INSTRUCTIONS TO FOLLOW:
Pull out every line below that holds the word "offset".

SUPPLIED RECORDS:
↓
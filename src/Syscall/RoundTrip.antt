-- ===== src/Syscall/RoundTrip.antt =====
-- A syscall that a process encodes is the one that the kernel decodes
-- (xous/xous-rs/src/syscall.rs).
use beet_core.Common.{ℕ, ◌%◌, ◌<◌, arith, ◌≡◌, refl}
use beet_core.Abi.Outcome.{ok}
use beet_core.Abi.Message.{
  MemoryMessage, Message, mutable_borrow, borrow, move, scalar, blocking_scalar, message_type,
  message_to_usize, memory_to_usize, scalar_to_usize, get_or_zero,
}
use beet_core.Abi.RoundTrip.{
  IsMemoryMessage, IsMessage, new_nonzero_lem, new_nonzero-get_or_zero, try_from-message_to_usize,
}
use beet_core.Syscall.Number.{SysCallNumber, from, as_usize}
use beet_core.Syscall.Kinds.{
  cache_operation_from-cache_operation_number, dram_idle_mode_from-dram_idle_mode_number,
  system_event_from-system_event_number, system_stat_from-system_stat_number,
  thread_priority_from-thread_priority_number,
}
use beet_core.Syscall.Words.{from_bits-bits, i32_from-i32_number}
use beet_core.Syscall.Call.{SysCall, IsSysCall, IsU32}
use beet_core.Syscall.Encode.{as_args, send_words}
use beet_core.Syscall.Decode.{
  from_args, decode, send_decoded, try_send_decoded, args_to_thread, process_try_from,
  try_send_memory,
}
use beet_core.Syscall.Parts.{
  u32_round, sid_round, pid_round, option_pid_round, pid_from_usize_round, range_round,
  range_or_invalid_round, stack_round, app_id_round, to_u32_round,
}

u8_round : (n : ℕ) → n < 256 → n % 256 ≡ n
u8_round n h = omega arith

send_round :
    (cid : ℕ) (m : Message)
    → IsU32 cid
    → IsMessage m
    → from_args (send_words (as_usize SysCallNumber.send_message) cid m)
      ≡ ok (SysCall.send_message cid m)
unfolding from_args from as_usize decode send_words send_decoded message_type message_to_usize
    memory_to_usize scalar_to_usize
send_round cid (mutable_borrow x) h v =
    rw (try_from-message_to_usize (mutable_borrow x) v) (rw (to_u32_round cid h) refl)
send_round cid (borrow x) h v =
    rw (try_from-message_to_usize (borrow x) v) (rw (to_u32_round cid h) refl)
send_round cid (move x) h v =
    rw (try_from-message_to_usize (move x) v) (rw (to_u32_round cid h) refl)
send_round cid (scalar x) h v =
    rw (try_from-message_to_usize (scalar x) v) (rw (to_u32_round cid h) refl)
send_round cid (blocking_scalar x) h v =
    rw (try_from-message_to_usize (blocking_scalar x) v) (rw (to_u32_round cid h) refl)

try_send_memory_round :
    (cid : ℕ) (mm : MemoryMessage) (kind : MemoryMessage → Message)
    → IsU32 cid
    → IsMemoryMessage mm
    → try_send_memory
        (cid, 0, mm.id, mm.buf.addr, mm.buf.size, get_or_zero mm.offset, get_or_zero mm.valid)
        kind
      ≡ ok (SysCall.try_send_message cid (kind mm))
try_send_memory_round cid mm kind h v = rw (range_round mm.buf (v.addr_nonzero, v.size_nonzero)) (
    rw (new_nonzero-get_or_zero mm.offset v.offset_nonzero)
      (rw (new_nonzero-get_or_zero mm.valid v.valid_nonzero) (rw (u32_round cid h) refl)))

try_send_round :
    (cid : ℕ) (m : Message)
    → IsU32 cid
    → IsMessage m
    → from_args (send_words (as_usize SysCallNumber.try_send_message) cid m)
      ≡ ok (SysCall.try_send_message cid m)
unfolding from_args from as_usize decode send_words try_send_decoded message_type
try_send_round cid (mutable_borrow mm) h v = try_send_memory_round cid mm mutable_borrow h v
try_send_round cid (borrow mm) h v = try_send_memory_round cid mm borrow h v
try_send_round cid (move mm) h v = try_send_memory_round cid mm move h v
try_send_round cid (scalar sc) h v = rw (u32_round cid h) refl
try_send_round cid (blocking_scalar sc) h v = rw (to_u32_round cid h) refl

-- A syscall whose arguments keep the promises of their types is decoded, from the words that it is
-- encoded in, to itself.
pub from_args-as_args : (call : SysCall) → IsSysCall call → from_args (as_args call) ≡ ok call
unfolding from_args from as_usize decode as_args args_to_thread process_try_from
from_args-as_args (SysCall.map_memory phys virt size flags) h =
    rw (new_nonzero-get_or_zero phys (h.0)) (
      rw (new_nonzero-get_or_zero virt (h.1))
        (rw (new_nonzero_lem size (h.2)) (rw (from_bits-bits flags (h.3)) refl)))
from_args-as_args (SysCall.unmap_memory range) h = rw (range_or_invalid_round range h) refl
from_args-as_args (SysCall.increase_heap size) h = rw (new_nonzero_lem size h) refl
from_args-as_args (SysCall.update_memory_flags range flags pid) h =
    rw (range_round range (h.0))
      (rw (from_bits-bits flags (h.1)) (rw (option_pid_round pid (h.2)) refl))
from_args-as_args SysCall.yield h = refl
from_args-as_args (SysCall.set_thread_priority priority) h =
    rw (thread_priority_from-thread_priority_number priority) refl
from_args-as_args (SysCall.receive_message sid) h = rw (sid_round sid h) refl
from_args-as_args (SysCall.try_receive_message sid) h = rw (sid_round sid h) refl
from_args-as_args (SysCall.claim_interrupt irq function argument) h =
    rw (new_nonzero_lem function (h.0)) (rw (new_nonzero-get_or_zero argument (h.1)) refl)
from_args-as_args (SysCall.free_interrupt irq) h = refl
from_args-as_args (SysCall.futex_wait addr val) h = refl
from_args-as_args (SysCall.futex_wake addr n) h = refl
from_args-as_args (SysCall.create_server_with_address sid messages) h = rw (sid_round sid h) refl
from_args-as_args (SysCall.connect sid) h = rw (sid_round sid h) refl
from_args-as_args (SysCall.try_connect sid) h = rw (sid_round sid h) refl
from_args-as_args (SysCall.send_message cid message) h = send_round cid message (h.0) (h.1)
from_args-as_args (SysCall.try_send_message cid message) h = try_send_round cid message (h.0) (h.1)
from_args-as_args (SysCall.return_memory sender buf offset valid) h =
    rw (range_round buf (h.0))
      (rw (new_nonzero-get_or_zero offset (h.1)) (rw (new_nonzero-get_or_zero valid (h.2)) refl))
from_args-as_args (SysCall.return_scalar1 sender arg1) h = refl
from_args-as_args (SysCall.return_scalar2 sender arg1 arg2) h = refl
from_args-as_args (SysCall.create_thread init) h = rw (stack_round init.stack h) refl
from_args-as_args (SysCall.create_process init) h =
    rw (range_round init.elf (h.0))
      (rw (new_nonzero_lem init.name_addr (h.1)) (rw (app_id_round init.app_id (h.2)) refl))
from_args-as_args (SysCall.terminate_process exit_code) h = rw (u32_round exit_code h) refl
from_args-as_args (SysCall.terminate_pid pid exit_code) h =
    rw (pid_round pid (h.0)) (rw (u32_round exit_code (h.1)) refl)
from_args-as_args (SysCall.shutdown exit_code) h = rw (i32_from-i32_number exit_code h) refl
from_args-as_args SysCall.create_server h = refl
from_args-as_args SysCall.create_server_id h = refl
from_args-as_args (SysCall.connect_for_process pid sid) h =
    rw (pid_round pid (h.0)) (rw (sid_round sid (h.1)) refl)
from_args-as_args (SysCall.get_remote_process_id cid) h = rw (u32_round cid h) refl
from_args-as_args SysCall.get_thread_id h = refl
from_args-as_args SysCall.get_process_id h = refl
from_args-as_args (SysCall.destroy_server sid) h = rw (sid_round sid h) refl
from_args-as_args (SysCall.disconnect cid) h = rw (u32_round cid h) refl
from_args-as_args (SysCall.join_thread tid) h = refl
from_args-as_args (SysCall.virt_to_phys vaddr) h = refl
from_args-as_args (SysCall.return_scalar5 sender arg1 arg2 arg3 arg4 arg5) h = refl
from_args-as_args (SysCall.virt_to_phys_pid pid vaddr) h = rw (pid_from_usize_round pid h) refl
from_args-as_args (SysCall.get_app_id pid) h = rw (pid_round pid h) refl
from_args-as_args (SysCall.allow_messages_sid sid messages) h = rw (sid_round sid h) refl
from_args-as_args (SysCall.allow_messages_cid pid cid messages) h =
    rw (pid_round pid (h.0)) (rw (u32_round cid (h.1)) refl)
from_args-as_args (SysCall.flush_cache mem op) h =
    rw (range_round mem h) (rw (cache_operation_from-cache_operation_number op) refl)
from_args-as_args (SysCall.power_management dram) h =
    rw (dram_idle_mode_from-dram_idle_mode_number dram) refl
from_args-as_args (SysCall.app_id_to_pid app_id) h = rw (app_id_round app_id h) refl
from_args-as_args (SysCall.mirror_memory_to_pid mem pid) h =
    rw (range_round mem (h.0)) (rw (pid_round pid (h.1)) refl)
from_args-as_args (SysCall.debug_command buffer cmd) h =
    rw (range_round buffer (h.0)) (rw (u8_round cmd (h.1)) refl)
from_args-as_args (SysCall.get_system_stats stat) h =
    rw (system_stat_from-system_stat_number stat) refl
from_args-as_args (SysCall.register_event_handler event sid id) h =
    rw (system_event_from-system_event_number event) (rw (sid_round sid h) refl)
from_args-as_args (SysCall.append_panic_message len a2 a3 a4 a5 a6 a7) h = refl
from_args-as_args (SysCall.get_panic_message buf) h = rw (range_round buf h) refl
from_args-as_args (SysCall.spawn_by_name w0 w1 w2 w3) h = refl
from_args-as_args (SysCall.spawn_by_name_with_args w0 w1 argv_ptr argv_len) h = refl
from_args-as_args (SysCall.wait_process pid) h = rw (pid_round pid h) refl
from_args-as_args SysCall.net_get_info h = refl
from_args-as_args (SysCall.wait_event bits) h = refl
from_args-as_args SysCall.poll_event h = refl
from_args-as_args (SysCall.post_event pid bits) h = rw (pid_round pid h) refl
from_args-as_args (SysCall.get_binary_name index) h = refl
from_args-as_args SysCall.acquire_display h = refl
from_args-as_args (SysCall.release_display row col) h = refl
from_args-as_args (SysCall.acquire_input_focus a b c d) h =
    rw (u32_round a (h.0))
      (rw (u32_round b (h.1)) (rw (u32_round c (h.2)) (rw (u32_round d (h.3)) refl)))
from_args-as_args SysCall.release_input_focus h = refl
from_args-as_args (SysCall.invalid a1 a2 a3 a4 a5 a6 a7) h = refl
↑
OUTPUT BELOW:
        (cid, 0, mm.id, mm.buf.addr, mm.buf.size, get_or_zero mm.offset, get_or_zero mm.valid)
    rw (new_nonzero-get_or_zero mm.offset v.offset_nonzero)
from_args-as_args (SysCall.return_memory sender buf offset valid) h =
      (rw (new_nonzero-get_or_zero offset (h.1)) (rw (new_nonzero-get_or_zero valid (h.2)) refl))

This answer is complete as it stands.